The Aqueducts CLI is the primary way to execute pipelines locally or submit them to remote executors.

# Add the tap and install
brew tap vigimite/aqueducts
brew install aqueducts-cli
# One-line installer (Linux, macOS, Windows)
curl --proto '=https' --tlsv1.2 -LsSf https://github.com/vigimite/aqueducts/releases/latest/download/aqueducts-installer.sh | sh

Download pre-built binaries from the latest release.

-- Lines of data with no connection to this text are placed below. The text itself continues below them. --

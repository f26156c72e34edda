-- ===== src/Jobs/Unique.antt =====
-- The jobs in flight under one deduplication id.
use ts_queue.Job.{Job, is_in_flight, truthy}
use ts_queue.Jobs.{get, put, modify, has_id, find_duplicate, is_duplicate}
use ts_queue.Jobs.Ids.{All-modify, All-put, All-keep}
use ts_queue.Prelude.{
  String, Bool, true, false, List, [], ◌∷◌, Option, none, some, ◌≡◌, ◌≢◌, sym, ◌∙◌, ap, arith, keep,
  find-none-All, All-imp, All-of, All, Bool-cases, Option-cases, inl, inr,
}

-- Not both are in flight under one deduplication id.
abbrev pub NoClash : Job → Job → Type 0
NoClash j k =
    (u : String)
    → is_in_flight j.status ≡ true
    → is_in_flight k.status ≡ true
    → truthy j.unique_id ≡ some u
    → k.unique_id ≢ some u

abbrev pub UniqueInFlight : List Job → Type 0
UniqueInFlight [] = Unit
UniqueInFlight (j ∷ js) = All (NoClash j) js × UniqueInFlight js

truthy-some : (o : Option String) {u : String} → truthy o ≡ some u → o ≡ some u
truthy-some none h = cc
truthy-some (some String.[]) h = cc
truthy-some (some (String.◌∷◌ c s)) h = h

NoClash-sym : (j k : Job) → NoClash j k → NoClash k j
NoClash-sym j k h u fk fj tk ej =
    h u fj fk (ap truthy (ej ∙ sym (truthy-some k.unique_id tk)) ∙ tk) (truthy-some k.unique_id tk)

not_duplicate :
    (k : Job) (u : String)
    → is_duplicate u k ≡ false
    → is_in_flight k.status ≡ true
    → k.unique_id ≢ some u
not_duplicate k u d f = ground arith

-- The scan of `push` finds nothing only if the new job clashes with none.
pub find_duplicate-none-All :
    (j : Job) (jobs : List Job) → find_duplicate j jobs ≡ none → All (NoClash j) jobs
unfolding find_duplicate
find_duplicate-none-All j jobs h = elim (Option-cases (truthy j.unique_id)) [
  | inl t ↦ All-of (λ k u fj fk tj. cc) jobs
  | inr (v, t) ↦
      All-imp (λ k d u fj fk tj ek. absurd (not_duplicate k v d fk (ground arith))) jobs
        (find-none-All (is_duplicate v) jobs (rw (t, find_duplicate) at h))
]

-- A job that clashes with none may be stored.
pub put-UniqueInFlight :
    (j : Job) (jobs : List Job)
    → All (NoClash j) jobs
    → UniqueInFlight jobs
    → UniqueInFlight (put j jobs)
unfolding put
put-UniqueInFlight j [] a u = (tt, tt)
put-UniqueInFlight j (k ∷ ks) a u = elim (Bool-cases (has_id j.id k)) [
  | inl e ↦ rw e (a.1, u.1)
  | inr e ↦
      rw e (All-put (NoClash k) j ks (NoClash-sym j k a.0) u.0, put-UniqueInFlight j ks a.1 u.1)
]

pub keep-UniqueInFlight :
    (p : Job → Bool) (jobs : List Job) → UniqueInFlight jobs → UniqueInFlight (keep p jobs)
keep-UniqueInFlight p [] u = tt
keep-UniqueInFlight p (j ∷ js) u =
    ground (arith, keep-UniqueInFlight p js u.1, All-keep (NoClash j) p js u.0)

-- An update that keeps the deduplication id and puts no settled job back in flight.
pub modify-UniqueInFlight :
    (i : String) (f : Job → Job) (jobs : List Job)
    → ((j : Job) → (f j).unique_id ≡ j.unique_id)
    → ((j : Job)
        → get i jobs ≡ some j
        → is_in_flight (f j).status ≡ true
        → is_in_flight j.status ≡ true)
    → UniqueInFlight jobs
    → UniqueInFlight (modify i f jobs)
unfolding modify
modify-UniqueInFlight i f [] keeps drops u = tt
modify-UniqueInFlight i f (j ∷ js) keeps drops u = elim (Bool-cases (has_id i j)) [
  | inl e ↦ rw e (
    All-imp (λ k n w fj fk tj. n w (drops j (rw e) fj) fk (ap truthy (sym (keeps j)) ∙ tj)) js u.0,
    u.1,
  )
  | inr e ↦ rw e (
    All-modify (NoClash j) i f js
        (λ k g n w fj fk tj. rw (keeps k) (n w fj (drops k (rw e g) fk) tj)) u.0,
    modify-UniqueInFlight i f js keeps (λ k g. drops k (rw e g)) u.1,
  )
]
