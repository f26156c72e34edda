-- ===== src/Memory/Push.antt =====
-- What `push` of the memory driver stores, and when it does not.
use ts_queue.Job.{Job, Dispatch, create_queued_job, no_defaults, is_in_flight, truthy}
use ts_queue.Jobs.{get, put, find_duplicate, is_duplicate}
use ts_queue.Jobs.Ids.{get-put_self, get-put_ne, IdsDistinct, get-find}
use ts_queue.Jobs.Unique.{NoClash, find_duplicate-none-All}
use ts_queue.Memory.{MemoryConnection, push}
use ts_queue.Prelude.{
  String, true, List, none, some, ◌≡◌, ◌≢◌, refl, arith, All, find, Option-cases, inl, inr, ◌⊎◌,
}

-- The job that a dispatch on this connection builds.
abbrev pub built : MemoryConnection → Dispatch → Job
built c args = create_queued_job c.name no_defaults args

-- The dispatch is a duplicate of the stored job `twin`.
pub record Deduplicates (c : MemoryConnection) (args : Dispatch) (r : MemoryConnection × String)
    : Type 0 where
  pub twin : Job
  pub key : String
  pub keyed : truthy (built c args).unique_id ≡ some key
  pub stored_twin : get twin.id c.jobs ≡ some twin
  pub twin_keyed : twin.unique_id ≡ some key
  pub twin_in_flight : is_in_flight twin.status ≡ true
  pub result : r ≡ (c, twin.id)

-- The dispatch stores its job.
pub record Enqueues (c : MemoryConnection) (args : Dispatch) (r : MemoryConnection × String)
    : Type 0 where
  pub id : r.1 ≡ args.fresh_id
  pub stored : get args.fresh_id r.0.jobs ≡ some (built c args)
  pub others : (i : String) → i ≢ args.fresh_id → get i r.0.jobs ≡ get i c.jobs
  pub no_twin : All (NoClash (built c args)) c.jobs
  pub paused : r.0.paused_queues ≡ c.paused_queues

find_duplicate-some :
    (job : Job) (jobs : List Job) {k : Job}
    → find_duplicate job jobs ≡ some k
    → (u : String) × (truthy job.unique_id ≡ some u) × (find (is_duplicate u) jobs ≡ some k)
unfolding find_duplicate
find_duplicate-some job jobs h = elim (Option-cases (truthy job.unique_id)) [
  | inl t ↦ absurd (cc (rw (t, find_duplicate) at h))
  | inr (u, t) ↦ (u, t, rw (t, find_duplicate) at h)
]

pub duplicate_parts :
    (u : String) (k : Job)
    → is_duplicate u k ≡ true
    → (k.unique_id ≡ some u) × (is_in_flight k.status ≡ true)
duplicate_parts u k h = ground arith

-- With distinct ids, `push` either returns the id of a job in flight with the deduplication id of the new one and
-- changes nothing, or stores the new job under its fresh id, beside all others, when no job in
-- flight has its deduplication id.
pub push_lem :
    (c : MemoryConnection) (args : Dispatch)
    → IdsDistinct c.jobs
    → Deduplicates c args (push c args) ⊎ Enqueues c args (push c args)
unfolding push
push_lem c args d = elim (Option-cases (find_duplicate (built c args) c.jobs)) [
  | inr (k, e) ↦
      let (u, t, f) = find_duplicate-some (built c args) c.jobs e in
      let (there, hit) = get-find (is_duplicate u) c.jobs d f in
      inl (record {
        twin = k;
        key = u;
        keyed = t;
        stored_twin = there;
        twin_keyed = (duplicate_parts u k hit).0;
        twin_in_flight = (duplicate_parts u k hit).1;
        result = rw (e, push);
      })
  | inl e ↦ inr (rw (e, push) (enqueues e))
]
  where
    enqueues :
        find_duplicate (built c args) c.jobs ≡ none
        → Enqueues c args (record c { jobs = put (built c args) c.jobs }, (built c args).id)
    enqueues e = record {
      id = refl;
      stored = get-put_self (built c args) c.jobs;
      others = λ i ne. get-put_ne i (built c args) c.jobs ne;
      no_twin = find_duplicate-none-All (built c args) c.jobs e;
      paused = refl;
    }
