-- ===== src/Memory/Path.antt =====
-- Paths of nodes through a pointer field, for the lists of slist.c and dlist.c.
use freertos_addons.Prelude.{
  ◌≡◌, refl, ◌≢◌, true, false, some, List, [], ◌∷◌, ◌++◌, arith, has, Distinct, has-append,
  ne_of_has, append_assoc, ◌∙◌,
}
use freertos_addons.Memory.{Ptr, null, Field}

-- The first of `xs`, or `e`.
abbrev pub first_or : List Ptr → Ptr → Ptr
first_or [] e = e
first_or (x ∷ xs) e = x

-- Each node of `xs` points to the one behind it, and the last one to `e`.
abbrev pub LinkedTo : Field Ptr → List Ptr → Ptr → Type 0
LinkedTo f [] e = Unit
LinkedTo f (x ∷ xs) e = (f x ≡ some (first_or xs e)) × LinkedTo f xs e

pub first_or-append :
    (xs ys : List Ptr) (e : Ptr) → first_or (xs ++ ys) e ≡ first_or xs (first_or ys e)
first_or-append [] ys e = refl
first_or-append (x ∷ xs) ys e = refl

pub LinkedTo-append :
    (f : Field Ptr) (xs ys : List Ptr) (e : Ptr)
    → LinkedTo f xs (first_or ys e)
    → LinkedTo f ys e
    → LinkedTo f (xs ++ ys) e
LinkedTo-append f [] ys e h k = k
LinkedTo-append f (x ∷ xs) ys e h k =
    (ground (arith, first_or-append xs ys e, h), LinkedTo-append f xs ys e h.1 k)

pub LinkedTo-split :
    (f : Field Ptr) (xs ys : List Ptr) (e : Ptr)
    → LinkedTo f (xs ++ ys) e
    → LinkedTo f xs (first_or ys e) × LinkedTo f ys e
LinkedTo-split f [] ys e h = (tt, h)
LinkedTo-split f (x ∷ xs) ys e h =
    let (front, back) = LinkedTo-split f xs ys e h.1 in
    ((ground (arith, first_or-append xs ys e, h), front), back)

-- A path survives a change that spares its nodes.
pub LinkedTo-frame :
    (f g : Field Ptr) (xs : List Ptr) (e : Ptr)
    → ((a : Ptr) → has a xs ≡ true → g a ≡ f a)
    → LinkedTo f xs e
    → LinkedTo g xs e
LinkedTo-frame f g [] e same h = tt
LinkedTo-frame f g (x ∷ xs) e same h =
    (ground (arith, same x, h), LinkedTo-frame f g xs e (λ a i. same a (ground arith)) h.1)

-- A new node `n` behind the node `p` of a path.
pub LinkedTo-insert :
    (f g : Field Ptr) (xs ys : List Ptr) (p n e : Ptr)
    → g p ≡ some n
    → g n ≡ some (first_or ys e)
    → ((a : Ptr) → a ≢ p → a ≢ n → g a ≡ f a)
    → has p xs ≡ false
    → has p ys ≡ false
    → has n xs ≡ false
    → has n ys ≡ false
    → LinkedTo f (xs ++ p ∷ ys) e
    → LinkedTo g (xs ++ p ∷ n ∷ ys) e
LinkedTo-insert f g [] ys p n e gp gn same px py nx ny h = (
  gp,
  (gn, LinkedTo-frame f g ys e (λ a i. same a (ne_of_has a p ys i py) (ne_of_has a n ys i ny)) h.1),
)
LinkedTo-insert f g (x ∷ xs) ys p n e gp gn same px py nx ny h = (
  same x (ground arith) (ground arith)
      ∙ ground (arith, h.0, first_or-append xs (p ∷ ys) e, first_or-append xs (p ∷ n ∷ ys) e),
  LinkedTo-insert f g xs ys p n e gp gn same (ground arith) py (ground arith) ny h.1,
)

-- The node `n` behind the node `p` is taken out of a path.
pub LinkedTo-remove :
    (f g : Field Ptr) (xs ys : List Ptr) (p n e : Ptr)
    → g p ≡ f n
    → ((a : Ptr) → a ≢ p → g a ≡ f a)
    → has p xs ≡ false
    → has p ys ≡ false
    → LinkedTo f (xs ++ p ∷ n ∷ ys) e
    → LinkedTo g (xs ++ p ∷ ys) e
LinkedTo-remove f g [] ys p n e gp same px py h =
    (gp ∙ h.1.0, LinkedTo-frame f g ys e (λ a i. same a (ne_of_has a p ys i py)) h.1.1)
LinkedTo-remove f g (x ∷ xs) ys p n e gp same px py h = (
  same x (ground arith)
      ∙ ground (arith, h.0, first_or-append xs (p ∷ ys) e, first_or-append xs (p ∷ n ∷ ys) e),
  LinkedTo-remove f g xs ys p n e gp same (ground arith) py h.1,
)

-- Nodes that can stand in one list: distinct, and none of them `NULL`.
pub record IsNodes (xs : List Ptr) : Type 0 where
  pub distinct : Distinct xs
  pub ne_null : has null xs ≡ false

-- What `IsNodes` says of a node in the middle.
pub record Middle (xs : List Ptr) (p : Ptr) (ys : List Ptr) : Type 0 where
  pub not_before : has p xs ≡ false
  pub not_behind : has p ys ≡ false
  pub p_ne_null : p ≢ null

pub Distinct-middle :
    (xs : List Ptr) (p : Ptr) (ys : List Ptr)
    → Distinct (xs ++ p ∷ ys)
    → (has p xs ≡ false) × (has p ys ≡ false)
Distinct-middle [] p ys d = (refl, d.0)
Distinct-middle (x ∷ xs) p ys d =
    let (front, back) = Distinct-middle xs p ys d.1 in
    (ground (arith, d, has-append x xs (p ∷ ys)), back)

pub middle : (xs : List Ptr) (p : Ptr) (ys : List Ptr) → IsNodes (xs ++ p ∷ ys) → Middle xs p ys
middle xs p ys w =
    let (front, back) = Distinct-middle xs p ys w.distinct in
    record {
      not_before = front;
      not_behind = back;
      p_ne_null = ground (arith, w.ne_null, has-append null xs (p ∷ ys));
    }

Distinct-insert :
    (xs : List Ptr) (n : Ptr) (ys : List Ptr)
    → Distinct (xs ++ ys)
    → has n (xs ++ ys) ≡ false
    → Distinct (xs ++ n ∷ ys)
Distinct-insert [] n ys d new = (new, d)
Distinct-insert (x ∷ xs) n ys d new = (
  ground (arith, d, has-append x xs (n ∷ ys), has-append x xs ys),
  Distinct-insert xs n ys d.1 (ground arith),
)

Distinct-remove :
    (xs : List Ptr) (n : Ptr) (ys : List Ptr) → Distinct (xs ++ n ∷ ys) → Distinct (xs ++ ys)
Distinct-remove [] n ys d = d.1
Distinct-remove (x ∷ xs) n ys d =
    (ground (arith, d, has-append x xs (n ∷ ys), has-append x xs ys), Distinct-remove xs n ys d.1)

pub IsNodes-insert :
    (xs : List Ptr) (n : Ptr) (ys : List Ptr)
    → IsNodes (xs ++ ys)
    → has n (xs ++ ys) ≡ false
    → n ≢ null
    → IsNodes (xs ++ n ∷ ys)
IsNodes-insert xs n ys w new ne = record {
  distinct = Distinct-insert xs n ys w.distinct new;
  ne_null = ground (arith, w.ne_null, has-append null xs (n ∷ ys), has-append null xs ys);
}

pub IsNodes-remove :
    (xs : List Ptr) (n : Ptr) (ys : List Ptr) → IsNodes (xs ++ n ∷ ys) → IsNodes (xs ++ ys)
IsNodes-remove xs n ys w = record {
  distinct = Distinct-remove xs n ys w.distinct;
  ne_null = ground (arith, w.ne_null, has-append null xs (n ∷ ys), has-append null xs ys);
}

pub IsNodes-insert_behind :
    (xs : List Ptr) (p n : Ptr) (ys : List Ptr)
    → IsNodes (xs ++ p ∷ ys)
    → has n (xs ++ p ∷ ys) ≡ false
    → n ≢ null
    → IsNodes (xs ++ p ∷ n ∷ ys)
IsNodes-insert_behind xs p n ys w new ne =
    rw append_assoc at
      (IsNodes-insert (xs ++ p ∷ []) n ys (rw append_assoc w) (rw append_assoc new) ne)

pub IsNodes-remove_behind :
    (xs : List Ptr) (p n : Ptr) (ys : List Ptr)
    → IsNodes (xs ++ p ∷ n ∷ ys)
    → IsNodes (xs ++ p ∷ ys)
IsNodes-remove_behind xs p n ys w =
    rw append_assoc at (IsNodes-remove (xs ++ p ∷ []) n ys (rw append_assoc w))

# Install with default features (s3, gcs, azure, yaml)
cargo install aqueducts-cli --locked

# Install with ODBC support
cargo install aqueducts-cli --locked --features odbc

# Install with minimal features
cargo install aqueducts-cli --locked --no-default-features --features yaml

Executor (Optional)

For advanced use cases, you can deploy executors to run pipelines remotely within your infrastructure. Executors are typically deployed using Docker images. See Execution for detailed setup instructions.

Quick Start

Run Your First Pipeline

Execute the simple example pipeline:

aqueducts run --file examples/aqueduct_pipeline_simple.yml --param year=2024 --param month=jan

This pipeline:

  1. Reads temperature data from CSV files
  2. Aggregates the data by date and location
  3. Enriches with location names
  4. Outputs to a Parquet file

Example Pipeline Structure

Here's what a basic pipeline looks like:

# yaml-language-server: $schema=https://raw.githubusercontent.com/vigimite/aqueducts/main/json_schema/aqueducts.schema.json

version: "v2"
sources:
  # Read temperature readings from CSV
  - type: file
    name: temp_readings
    format:
      type: csv
      options: {}
    location: ./examples/temp_readings_${month}_${year}.csv

stages:
  # Aggregate temperature data by date and location
  - - name: aggregated
      query: >
          SELECT
            cast(timestamp as date) date,
            location_id,
            round(avg(temperature_c),2) avg_temp_c
          FROM temp_readings
          GROUP by 1,2
          ORDER by 1 asc

# Write results to Parquet file
destination:
  type: file
  name: results
  format:
    type: parquet
    options: {}
  location: ./examples/output_${month}_${year}.parquet

Next Steps

  • Learn Pipeline Development: See Writing Pipelines to understand sources, stages, and destinations
  • Explore Execution Options: Check Execution for local and remote execution patterns
  • Browse Examples: View more complex examples in the examples folder
  • Schema Reference: Detailed configuration options in Schema Reference

Parameter Templates

Notice the ${month} and ${year} parameters in the example. Aqueducts supports parameter substitution to make pipelines reusable across different inputs and outputs.

Editor Support

The yaml-language-server comment at the top enables autocompletion and validation in VS Code, Neovim, and other editors with YAML Language Server support.